Material for this task below:

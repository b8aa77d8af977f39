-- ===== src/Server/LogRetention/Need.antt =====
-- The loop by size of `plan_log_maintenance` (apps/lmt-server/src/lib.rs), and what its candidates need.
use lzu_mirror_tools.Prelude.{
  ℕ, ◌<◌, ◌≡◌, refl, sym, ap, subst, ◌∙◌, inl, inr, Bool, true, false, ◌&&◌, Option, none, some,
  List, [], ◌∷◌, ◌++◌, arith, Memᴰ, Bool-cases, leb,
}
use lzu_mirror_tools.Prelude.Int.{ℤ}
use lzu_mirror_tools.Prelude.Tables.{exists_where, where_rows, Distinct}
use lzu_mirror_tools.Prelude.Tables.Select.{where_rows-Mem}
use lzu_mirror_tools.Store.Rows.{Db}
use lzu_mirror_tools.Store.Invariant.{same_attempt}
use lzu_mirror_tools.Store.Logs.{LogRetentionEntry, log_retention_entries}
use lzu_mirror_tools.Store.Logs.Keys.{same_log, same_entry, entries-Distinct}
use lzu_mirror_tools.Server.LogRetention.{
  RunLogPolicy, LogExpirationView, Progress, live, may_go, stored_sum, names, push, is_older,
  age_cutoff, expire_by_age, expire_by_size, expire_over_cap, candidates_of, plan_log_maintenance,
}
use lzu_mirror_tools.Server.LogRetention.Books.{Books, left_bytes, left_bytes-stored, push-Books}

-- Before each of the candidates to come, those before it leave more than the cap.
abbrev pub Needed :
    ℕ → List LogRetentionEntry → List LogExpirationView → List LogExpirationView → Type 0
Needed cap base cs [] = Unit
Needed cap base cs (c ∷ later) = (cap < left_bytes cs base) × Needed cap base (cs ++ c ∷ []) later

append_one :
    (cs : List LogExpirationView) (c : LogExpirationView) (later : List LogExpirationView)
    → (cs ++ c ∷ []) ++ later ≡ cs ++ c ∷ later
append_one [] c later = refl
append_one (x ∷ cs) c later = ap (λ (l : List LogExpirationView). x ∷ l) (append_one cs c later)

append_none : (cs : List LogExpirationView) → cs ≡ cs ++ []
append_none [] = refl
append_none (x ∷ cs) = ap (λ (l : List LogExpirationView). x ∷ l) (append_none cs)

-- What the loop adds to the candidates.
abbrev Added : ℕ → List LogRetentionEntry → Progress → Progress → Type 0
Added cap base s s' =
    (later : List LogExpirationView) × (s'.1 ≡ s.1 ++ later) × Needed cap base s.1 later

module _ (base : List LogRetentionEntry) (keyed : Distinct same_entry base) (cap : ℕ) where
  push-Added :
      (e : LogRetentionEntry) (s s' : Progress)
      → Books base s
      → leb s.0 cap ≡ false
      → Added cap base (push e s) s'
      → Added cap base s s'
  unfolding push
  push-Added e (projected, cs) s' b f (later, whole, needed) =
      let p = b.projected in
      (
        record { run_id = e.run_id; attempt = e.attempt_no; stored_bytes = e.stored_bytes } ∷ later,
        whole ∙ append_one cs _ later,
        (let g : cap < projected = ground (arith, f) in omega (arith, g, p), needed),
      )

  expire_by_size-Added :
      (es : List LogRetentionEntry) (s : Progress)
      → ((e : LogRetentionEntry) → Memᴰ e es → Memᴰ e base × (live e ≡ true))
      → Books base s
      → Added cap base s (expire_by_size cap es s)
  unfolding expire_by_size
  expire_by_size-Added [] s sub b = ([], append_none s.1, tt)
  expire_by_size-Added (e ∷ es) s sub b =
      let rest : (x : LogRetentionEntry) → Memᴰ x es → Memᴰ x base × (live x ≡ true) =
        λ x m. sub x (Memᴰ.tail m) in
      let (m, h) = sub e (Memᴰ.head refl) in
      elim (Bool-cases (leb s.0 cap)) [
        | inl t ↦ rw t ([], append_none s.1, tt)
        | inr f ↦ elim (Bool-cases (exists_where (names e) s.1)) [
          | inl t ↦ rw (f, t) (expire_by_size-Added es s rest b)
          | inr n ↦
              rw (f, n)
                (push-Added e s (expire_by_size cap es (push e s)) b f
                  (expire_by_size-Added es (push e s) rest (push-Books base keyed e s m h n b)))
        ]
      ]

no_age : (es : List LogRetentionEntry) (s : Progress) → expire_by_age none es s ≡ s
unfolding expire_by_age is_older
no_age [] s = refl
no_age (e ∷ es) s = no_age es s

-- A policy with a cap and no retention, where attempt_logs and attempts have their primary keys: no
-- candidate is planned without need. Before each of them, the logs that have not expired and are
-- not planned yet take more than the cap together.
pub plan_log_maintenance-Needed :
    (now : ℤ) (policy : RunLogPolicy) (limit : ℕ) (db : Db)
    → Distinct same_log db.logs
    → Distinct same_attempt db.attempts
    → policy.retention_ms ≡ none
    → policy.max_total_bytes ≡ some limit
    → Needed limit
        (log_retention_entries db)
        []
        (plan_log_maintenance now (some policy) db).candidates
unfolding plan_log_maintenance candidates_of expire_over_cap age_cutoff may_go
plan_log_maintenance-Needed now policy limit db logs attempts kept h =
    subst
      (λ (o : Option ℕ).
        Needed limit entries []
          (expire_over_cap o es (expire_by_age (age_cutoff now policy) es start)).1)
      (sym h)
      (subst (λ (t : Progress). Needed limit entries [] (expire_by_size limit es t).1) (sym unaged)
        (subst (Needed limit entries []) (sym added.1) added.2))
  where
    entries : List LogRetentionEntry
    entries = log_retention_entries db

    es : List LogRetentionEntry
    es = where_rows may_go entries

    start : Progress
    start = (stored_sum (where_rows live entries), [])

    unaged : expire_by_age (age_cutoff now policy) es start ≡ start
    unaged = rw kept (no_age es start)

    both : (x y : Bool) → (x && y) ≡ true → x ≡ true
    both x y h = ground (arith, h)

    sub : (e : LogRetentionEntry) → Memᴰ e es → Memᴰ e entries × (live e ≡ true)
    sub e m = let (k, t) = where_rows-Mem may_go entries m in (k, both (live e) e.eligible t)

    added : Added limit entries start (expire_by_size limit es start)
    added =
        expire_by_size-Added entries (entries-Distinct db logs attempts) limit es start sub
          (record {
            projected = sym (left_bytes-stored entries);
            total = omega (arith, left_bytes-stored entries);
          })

End of Material for this task.

#### [What you should do]
Note each line of the material holding "Books" and copy it out.

#### [Response area]
use lzu_mirror_tools.Server.LogRetention.Books.{Books, left_bytes, left_bytes-stored, push-Books}
      → Books base s
      → Books base s
                  (expire_by_size-Added es (push e s) rest (push-Books base keyed e s m h n b)))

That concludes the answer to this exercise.